§ RECORDS PROVIDED
○ ○ ○

-- ===== src/Compare/Defs.antt =====
-- The choice of the tables, and the requests for their statements.
use next_dbm.Base.{
  not, ◌&&◌, List, [], ◌∷◌, ◌++◌, Text, codes, text_eq, split, traverse, get_elem?, if◌then◌else◌,
  Option, none, some, and_then,
}
use mathlib.Core.Option
use next_dbm.Tree.Defs.{Info, Forest, nil, leaf, branch, info_of, find_node_by_key}
use next_dbm.Utils.Defs.{cut_string_at_dash, last_dash}
use next_dbm.Dispatch.Defs.{Answer, SqlParams, threw, nothing, statement}
use next_dbm.Explorer.Defs.{Message, Converter, has_nodes, of_table}

-- `convertDataToCascaderOptions`: an option is the node that it holds, with the options below; `label` and
-- `value` are its title, and it is a leaf if it is a table.
unfoldable pub convert_data_to_cascader_options : Forest → Forest
convert_data_to_cascader_options nil = nil
convert_data_to_cascader_options (leaf parent data') =
    leaf parent (convert_data_to_cascader_options data')
convert_data_to_cascader_options (branch parent children data') =
    let rest = convert_data_to_cascader_options data' in
    let options = convert_data_to_cascader_options children in
    if not (text_eq parent.menu_type (codes "tableMenu")) && has_nodes children
    then branch parent options rest
    else leaf parent rest

-- The three loops of the effect on `treeData`; an option that fits and has none below throws.
abbrev pub append_option : Option (List Info) → Option (List Info) → Option (List Info)
append_option none b = none
append_option (some a) b = Option.map (a ++◌) b

abbrev pub grandsons : Text → (op child : Info) → Forest → List Info
grandsons value op child nil = []
grandsons value op child (leaf info rest) =
    let later = grandsons value op child rest in
    if text_eq info.title value then op ∷ child ∷ info ∷ later else later
grandsons value op child (branch info children rest) =
    let later = grandsons value op child rest in
    if text_eq info.title value then op ∷ child ∷ info ∷ later else later

abbrev pub children_selected : (list table : Text) → (op : Info) → Forest → Option (List Info)
children_selected list table op nil = some []
children_selected list table op (leaf child rest) =
    let later = children_selected list table op rest in
    if text_eq child.title list then none else later
children_selected list table op (branch child below rest) =
    let later = children_selected list table op rest in
    if text_eq child.title list
    then append_option (some (grandsons table op child below)) later
    else later

unfoldable pub selected_options :
    (database list table : Text) → (options : Forest) → Option (List Info)
selected_options database list table nil = some []
selected_options database list table (leaf op rest) =
    let later = selected_options database list table rest in
    if text_eq op.title database then none else later
selected_options database list table (branch op below rest) =
    let later = selected_options database list table rest in
    if text_eq op.title database
    then append_option (children_selected list table op below) later
    else later

-- `if (sqlStr)`: the request, or nothing; a converter that throws.
abbrev pub if_given : Answer Text → (Answer Text → Message) → Option (List Message)
if_given threw f = none
if_given nothing f = some []
if_given (statement []) f = some []
if_given data' f = some (f data' ∷ [])

-- `loadData` of the last option that was chosen: the requests that it sends. In its call
-- `getSQLConverter(protocolType, "getAll"+..., {...})` the protocol is taken for the name of the function, and
-- the name for the parameters; `of_name` is what the fields of this text are.
unfoldable pub load_data :
    Converter
    → (protocol_type : Text) → (of_name : SqlParams) → (tree_data : Forest) → Info
    → Option (List Message)
load_data get_sql protocol_type of_name tree_data info =
    let database =
      Option.map info_of (find_node_by_key (cut_string_at_dash info.key last_dash) tree_data) in
    let asked = and_then database (λ (db : Info). if_given (get_sql protocol_type of_name) (λ data'.
      record {
        key = info.key;
        ret_type = info.menu_type;
        data' = data';
        attr = record {
          asset_id = none;
          database = db.title;
          table_name = none;
          view_name = none;
          function_name = none;
          procedure_name = none;
          new_name = [];
          data_type = [];
          tab_id = [];
        };
      })) in
    if text_eq info.menu_type (codes "tablesMenu") then asked else some []

-- `extractPaths`: of each choice the labels of the database and the table; too short a choice throws.
abbrev pub path_of : List Text → Option Text
path_of sub_array = and_then (get_elem? sub_array 0) (λ (database : Text).
    Option.map (λ (table : Text). database ++ (46 ∷ table)) (get_elem? sub_array 2))

unfoldable pub extract_paths : Option (List (List Text)) → Option (List Text)
extract_paths none = some []
extract_paths (some data') = traverse path_of data'

-- `path.split('.')[i]`; a path has a dot, so that both parts are there.
abbrev pub or_empty : Option Text → Text
or_empty none = []
or_empty (some t) = t

-- The request for the statement of a table of one side.
abbrev pub diff_message : (tab_id data_type path : Text) → Answer Text → Message
diff_message tab_id data_type path data' = record {
  key = path ++ codes "-getDiffTableDDL";
  ret_type = codes "KeyValueJsonResult";
  data' = data';
  attr = record {
    asset_id = none;
    database = [];
    table_name = none;
    view_name = none;
    function_name = none;
    procedure_name = none;
    new_name = [];
    data_type = data_type;
    tab_id = tab_id;
  };
}

abbrev pub cons_messages : Option (List Message) → Option (List Message) → Option (List Message)
cons_messages none b = none
cons_messages (some a) b = Option.map (a ++◌) b

-- One of the two loops of `runQuery`, without its waits.
unfoldable pub ask_side : Converter → (tab_id data_type : Text) → List Text → Option (List Message)
ask_side get_sql tab_id data_type [] = some []
ask_side get_sql tab_id data_type (path ∷ paths) =
    cons_messages
      (if_given
        (get_sql (codes "getTableDDL") (
          of_table (or_empty (get_elem? (split 46 path) 0))
            (or_empty (get_elem? (split 46 path) 1))))
        (diff_message tab_id data_type path))
      (ask_side get_sql tab_id data_type paths)

-- `runQuery`: the requests, in their order. The two objects of the tab and its results are emptied before.
unfoldable pub run_compare :
    Converter
    → (tab_id : Text) → (src_obj_arry dis_obj_arry : Option (List (List Text)))
    → Option (List Message)
run_compare get_sql tab_id src_obj_arry dis_obj_arry =
    and_then (extract_paths src_obj_arry) (λ (srcs : List Text).
      and_then (extract_paths dis_obj_arry) (λ (dists : List Text).
        cons_messages (ask_side get_sql tab_id (codes "srcObj") srcs)
          (ask_side get_sql tab_id (codes "distObj") dists)))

○ ○ ○

Your answer should be a single number: the count of lines in the data that include the word "requests".

§ RESULT
3